それこそ、数えるほどしか記憶に無い、優しい声音で呼ばれる母の愛称。
何故かは分からなかったが、恐らくは私に向けられたのだろう呼びかけは、アレンの母、カーライツ伯爵夫人、オリアーヌ.フィンだった。
何故この方は母の愛称をご存知なのだろう?!何故その名で私に呼びかけるのだろう?!
「泣いては駄目。レティシア、諦めては駄目よ」
そう口にしながら、オリアーヌの手が上げられて、私の頰に触れかけた。
「…母上?!」
息子の声で呼びかけられた母は、たった今の自分の行動を忘れ果てたかのように、呼んだ息子を指して歩き始めた。
その反応の奇異と、此方へやって来るだろうアレンに、この有様を見られることを恐れて、庭に点在するローズポールの陰に身を隠した。
「こんな所にお出でだったんですか?!姉上が探してお出ででしたよ」
「まぁ!アレンの声だわ!アレンなのね?!どうした事かしら?!わたくしのおちびさんは、いつの間にこんなに大きくお成りなの?!」
「大きくなって随分に成りますよ」
「あら。そうだった?!アレン!レティが居たの!泣いてらしたの」
「何方です?!」
「オルデンブルク公妃レティシア.アデライデよ。ついいましがた此処で泣いてらしたの」
「オルデンブルク公爵妃?!」
「そうよ。

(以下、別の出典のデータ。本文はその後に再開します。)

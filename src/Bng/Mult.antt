-- ===== src/Bng/Mult.antt =====
-- Multiplication of bng.c: multiply-and-add and multiply-and-subtract by a digit, and the product of
-- two arrays.
pub mod AddDigit
pub mod SubDigit
pub mod Product
use ocaml_pro_ocaml_branch.Base.{ℕ, ◌+◌, ◌%◌, ◌^◌, List, [], ◌∷◌}
use ocaml_pro_ocaml_branch.Bng.Digit.{mult, add2, add3, sub2, sub3}
use ocaml_pro_ocaml_branch.Bng.AddSub.{Outcome, outcome, put, add_carry, sub_carry}

-- After the loop: add the last high digit `out`, and propagate the carry.
unfoldable pub finish_add : List ℕ → ℕ → Outcome
finish_add [] out = outcome out []
finish_add (x ∷ xs) out = let s = add2 x out in put s.res (add_carry xs s.carry)

unfoldable pub finish_sub : List ℕ → ℕ → Outcome
finish_sub [] out = outcome out []
finish_sub (x ∷ xs) out = let s = sub2 x out in put s.res (sub_carry xs s.carry)

-- `out` is the high digit that the next round adds. The clause for an `a` shorter than `b` is
-- outside the contract.
unfoldable pub mult_add_loop : List ℕ → List ℕ → ℕ → ℕ → Outcome
mult_add_loop a [] d out = finish_add a out
mult_add_loop [] (y ∷ ys) d out = outcome out []
mult_add_loop (x ∷ xs) (y ∷ ys) d out =
    let p = mult y d in
    let s = add3 p.carry x p.res out in put s.res (mult_add_loop xs ys d s.carry)

unfoldable pub mult_add_digit : List ℕ → List ℕ → ℕ → Outcome
mult_add_digit a b d = mult_add_loop a b d 0

unfoldable pub mult_sub_loop : List ℕ → List ℕ → ℕ → ℕ → Outcome
mult_sub_loop a [] d out = finish_sub a out
mult_sub_loop [] (y ∷ ys) d out = outcome out []
mult_sub_loop (x ∷ xs) (y ∷ ys) d out =
    let p = mult y d in
    let s = sub3 p.carry x p.res out in put s.res (mult_sub_loop xs ys d s.carry)

unfoldable pub mult_sub_digit : List ℕ → List ℕ → ℕ → Outcome
mult_sub_digit a b d = mult_sub_loop a b d 0

-- The accumulated carry is an `unsigned int`.
abbrev pub add_carries : ℕ → ℕ → ℕ
add_carries carry out = (carry + out) % 2 ^ 32

-- `a++`: the first digit of `a` is final.
abbrev pub advance : List ℕ → ℕ → (List ℕ → Outcome) → Outcome
advance [] carry rest = outcome carry []
advance (x ∷ xs) carry rest = put x (rest xs)

-- One digit of `c` in a round.
unfoldable pub mult_add_rounds : List ℕ → List ℕ → List ℕ → ℕ → Outcome
mult_add_rounds [] a b carry = outcome carry a
mult_add_rounds (c ∷ cs) a b carry =
    let r = mult_add_digit a b c in
    let carry' = add_carries carry r.carry in
    advance r.digits carry' (λ xs. mult_add_rounds cs xs b carry')

unfoldable pub mult_add : List ℕ → List ℕ → List ℕ → Outcome
mult_add a b c = mult_add_rounds c a b 0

お屋敷にお出での筈なのに、どうしてこんな所で泣いていらしたのかしら?!また、後夫君と諍いでも…」
「母上には、オルデンブルク公爵妃と親しくなさっていたのですか?!」
「ええ。あの方が王妃候補としてフランスからお出でに成った時に、お側仕えとして宮廷に伺候して以来よ。わたくしの可愛いレティ。妹の様に思って居てよ」
不思議な、夢の続きの様な話だった。
2人の会話の中に、私の知らない両親の真実がちらつく。今の私が揺らいで、全く違うものに変わってしまう可能性を示唆していて、胸の奥がざわめく。

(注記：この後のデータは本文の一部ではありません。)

-- ===== src/Bng/Mult/AddDigit.antt =====
-- bng_mult_add_digit adds `d * b` to `a`.
use native.Mathlib.Nat.{add-zero}
use ocaml_pro_ocaml_branch.Base.{
  ℕ, ◌+◌, ◌-◌, ◌*◌, ◌<◌, ◌≤◌, ◌≡◌, List, [], ◌∷◌, arith, length, subst,
}
use ocaml_pro_ocaml_branch.Bng.Digit.{base, mult, add2, add3}
use ocaml_pro_ocaml_branch.Bng.Digit.Exact.{add2_lem, add3_lem, mult_lem}
use ocaml_pro_ocaml_branch.Bng.Value.{value, weight, IsDigits}
use ocaml_pro_ocaml_branch.Bng.AddSub.{Outcome}
use ocaml_pro_ocaml_branch.Bng.AddSub.Add.{add_carry-IsSum}
use ocaml_pro_ocaml_branch.Bng.Mult.{finish_add, mult_add_loop, mult_add_digit}

-- `r` holds `total` in as many digits as `a` has, and a carry of one digit.
pub record IsTotal (a : List ℕ) (total : ℕ) (r : Outcome) : Type 0 where
  pub same_length : length r.digits ≡ length a
  pub digits_ok : IsDigits r.digits
  pub carry_digit : r.carry < base
  pub is_total : value r.digits + weight (length a) * r.carry ≡ total

finish_add-IsTotal :
    (a : List ℕ) (out : ℕ) → IsDigits a → out < base → IsTotal a (value a + out) (finish_add a out)
unfolding finish_add value weight
finish_add-IsTotal [] out da ho = omega arith
finish_add-IsTotal (x ∷ xs) out da ho =
    let s = add2_lem x out da.0 ho in
    let rest = add_carry-IsSum xs (add2 x out).carry da.1 s.2 in
    record {
      same_length = omega (arith, rest.same_length);
      digits_ok = (s.1, rest.digits_ok);
      carry_digit = omega (arith, rest.carry_bit);
      is_total = omega (arith, rest.is_total, s.0);
    }

-- One round is exact: a digit, a product of digits and a digit fit two digits.
round_total :
    (x y d out : ℕ)
    → x < base
    → y < base
    → d < base
    → out < base
    → let s = add3 (mult y d).carry x (mult y d).res out in
      (s.res + base * s.carry ≡ x + y * d + out) × (s.res < base) × (s.carry < base)
round_total x y d out hx hy hd ho =
    let p = mult_lem y d hy hd in
    let small : y * d ≤ (base - 1) * (base - 1) = grind arith in
    omega (
      arith,
      p,
      add3_lem (mult y d).carry x (mult y d).res out hx p.1 ho (omega arith) (omega arith),
    )

mult_add_loop-IsTotal :
    (a b : List ℕ) (d out : ℕ)
    → IsDigits a
    → IsDigits b
    → d < base
    → out < base
    → length b ≤ length a
    → IsTotal a (value a + value b * d + out) (mult_add_loop a b d out)
unfolding mult_add_loop value weight
mult_add_loop-IsTotal a [] d out da db hd ho le = ground (arith, finish_add-IsTotal a out da ho)
mult_add_loop-IsTotal [] (y ∷ ys) d out da db hd ho le = absurd (omega arith)
mult_add_loop-IsTotal (x ∷ xs) (y ∷ ys) d out da db hd ho le =
    let s = round_total x y d out da.0 db.0 hd ho in
    let rest =
      mult_add_loop-IsTotal xs ys d (add3 (mult y d).carry x (mult y d).res out).carry da.1 db.1 hd
        s.2 (omega arith) in
    record {
      same_length = omega (arith, rest.same_length);
      digits_ok = (s.1, rest.digits_ok);
      carry_digit = rest.carry_digit;
      is_total = omega (arith, rest.is_total, s.0);
    }

-- For arrays of digits with `a` no shorter than `b` and a digit `d`, bng_mult_add_digit puts
-- `a + b * d` into the digits of `a` and the digit that is returned.
pub mult_add_digit-IsTotal :
    (a b : List ℕ) (d : ℕ)
    → IsDigits a
    → IsDigits b
    → d < base
    → length b ≤ length a
    → IsTotal a (value a + value b * d) (mult_add_digit a b d)
unfolding mult_add_digit
mult_add_digit-IsTotal a b d da db hd le =
    subst (λ (t : ℕ). IsTotal a t (mult_add_loop a b d 0)) (add-zero (value a + value b * d))
      (mult_add_loop-IsTotal a b d 0 da db hd (omega arith) le)
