-- ===== src/Bng/Mult/Product.antt =====
-- bng_mult_add adds the product of two arrays to a third.
use native.Mathlib.Nat.{mod-eq_of_lt}
use ocaml_pro_ocaml_branch.Base.{
  ℕ, suc, ◌+◌, ◌*◌, ◌^◌, ◌<◌, ◌≤◌, ◌≡◌, List, [], ◌∷◌, arith, length, ap, sym, refl, subst,
}
use ocaml_pro_ocaml_branch.Bng.Digit.{base}
use ocaml_pro_ocaml_branch.Bng.Value.{
  value, weight, weight_pos, weight-add, weight_mono, value-lt, IsDigits,
}
use ocaml_pro_ocaml_branch.Bng.Mult.{
  add_carries, advance, mult_add_digit, mult_add_rounds, mult_add,
}
use ocaml_pro_ocaml_branch.Bng.Mult.AddDigit.{IsTotal, mult_add_digit-IsTotal}

-- What is left to do at an array of `n` digits fits them and an `unsigned int`.
abbrev Fits : ℕ → ℕ → Type 0
Fits n total = total < 2 ^ 32 * weight n

abbrev rounds_total : List ℕ → List ℕ → List ℕ → ℕ → ℕ
rounds_total c a b carry = value a + value b * value c + weight (length a) * carry

cancel_weight : (w k bound : ℕ) → 0 < w → w * k < bound * w → k < bound
cancel_weight w k bound pos h = grind arith

-- A round leaves `ds` and the carry `k`; the next rounds work on its tail.
advance-IsTotal :
    (a b : List ℕ) (c : ℕ) (cs ds : List ℕ) (carry k : ℕ)
    → length ds ≡ length a
    → 0 < length a
    → IsDigits ds
    → value ds + weight (length a) * k ≡ value a + value b * c
    → Fits (length a) (rounds_total (c ∷ cs) a b carry)
    → ((xs : List ℕ)
        → suc (length xs) ≡ length a
        → IsDigits xs
        → Fits (length xs) (rounds_total cs xs b (add_carries carry k))
        → IsTotal xs
            (rounds_total cs xs b (add_carries carry k))
            (mult_add_rounds cs xs b (add_carries carry k)))
    → IsTotal a
        (rounds_total (c ∷ cs) a b carry)
        (advance ds (add_carries carry k) (λ xs. mult_add_rounds cs xs b (add_carries carry k)))
unfolding value weight
advance-IsTotal a b c cs [] carry k same pos ok e fits next = absurd (omega arith)
advance-IsTotal a b c cs (x ∷ xs) carry k same pos ok e fits next =
    let w : weight (length a) ≡ base * weight (length xs) = ap weight (sym same) in
    let both : weight (length a) * (carry + k) < 2 ^ 32 * weight (length a) = omega arith in
    let sum : add_carries carry k ≡ carry + k =
      mod-eq_of_lt
        (cancel_weight (weight (length a)) (carry + k) (2 ^ 32) (weight_pos (length a)) both) in
    let unfolded : rounds_total (c ∷ cs) a b carry
        ≡ x + base * rounds_total cs xs b (add_carries carry k) =
      omega (
        arith,
        ap (λ (t : ℕ). t * k) w,
        ap (λ (t : ℕ). t * carry) w,
        ap (λ (t : ℕ). weight (length xs) * t) sum,
      ) in
    let rest = next xs same ok.1 (omega (arith, w)) in
    record {
      same_length = omega (arith, rest.same_length);
      digits_ok = (ok.0, rest.digits_ok);
      carry_digit = rest.carry_digit;
      is_total = omega (
        arith,
        rest.is_total,
        ap (λ (t : ℕ). t * (mult_add_rounds cs xs b (add_carries carry k)).carry) w,
      );
    }

mult_add_rounds-IsTotal :
    (c a b : List ℕ) (carry : ℕ)
    → IsDigits a
    → IsDigits b
    → IsDigits c
    → length b + length c ≤ length a
    → Fits (length a) (rounds_total c a b carry)
    → IsTotal a (rounds_total c a b carry) (mult_add_rounds c a b carry)
unfolding mult_add_rounds value
mult_add_rounds-IsTotal [] a b carry da db dc le fits = record {
  same_length = refl;
  digits_ok = da;
  carry_digit = omega (
    arith,
    cancel_weight (weight (length a)) carry (2 ^ 32) (weight_pos (length a)) (omega arith),
  );
  is_total = omega arith;
}
mult_add_rounds-IsTotal (c ∷ cs) a b carry da db dc le fits =
    let r = mult_add_digit-IsTotal a b c da db dc.0 (omega arith) in
    let k = (mult_add_digit a b c).carry in
    advance-IsTotal a b c cs (mult_add_digit a b c).digits carry k r.same_length (omega arith)
      r.digits_ok r.is_total fits
      λ xs same ok below.
        mult_add_rounds-IsTotal cs xs b (add_carries carry k) ok db dc.1 (omega arith) below

-- The product and `a` together are below twice the weight above the digits of `a`.
product_fits :
    (a b c : List ℕ)
    → IsDigits a
    → IsDigits b
    → IsDigits c
    → length b + length c ≤ length a
    → value a + value b * value c < 2 * weight (length a)
product_fits a b c da db dc le =
    let wbc : weight (length b) * weight (length c) ≤ weight (length a) =
      omega (
        arith,
        weight-add (length b) (length c),
        weight_mono (length b + length c) (length a) le,
      ) in
    let product : value b * value c ≤ weight (length b) * weight (length c) =
      grind (arith, value-lt b db, value-lt c dc) in
    omega (arith, value-lt a da)

-- For arrays of digits with `a` as long as `b` and `c` together or longer, bng_mult_add puts
-- `a + b * c` into the digits of `a` and the carry that it returns, which is 0 or 1.
pub mult_add-IsTotal :
    (a b c : List ℕ)
    → IsDigits a
    → IsDigits b
    → IsDigits c
    → length b + length c ≤ length a
    → IsTotal a (value a + value b * value c) (mult_add a b c) × ((mult_add a b c).carry ≤ 1)
unfolding mult_add
mult_add-IsTotal a b c da db dc le =
    let small = product_fits a b c da db dc le in
    let r = mult_add_rounds-IsTotal c a b 0 da db dc le (omega arith) in
    let zero_carry : rounds_total c a b 0 ≡ value a + value b * value c = omega arith in
    (
      subst (λ (t : ℕ). IsTotal a t (mult_add_rounds c a b 0)) zero_carry r,
      omega (
        arith,
        cancel_weight (weight (length a)) (mult_add_rounds c a b 0).carry 2 (weight_pos (length a))
            (omega (arith, r.is_total)),
      ),
    )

何より信頼の置けない私自身が、信実を知った事で、何に成り果てるのかが恐ろしい。知らないで置くのも、それ以上の不安を醸し出すのも事実だったが…
「…ル?!」
「…わっ!」
…拒絶した間合いに入って来て、触れられるまで気づかずに居るのはこいつだけだった。…毎度死ぬほど驚く!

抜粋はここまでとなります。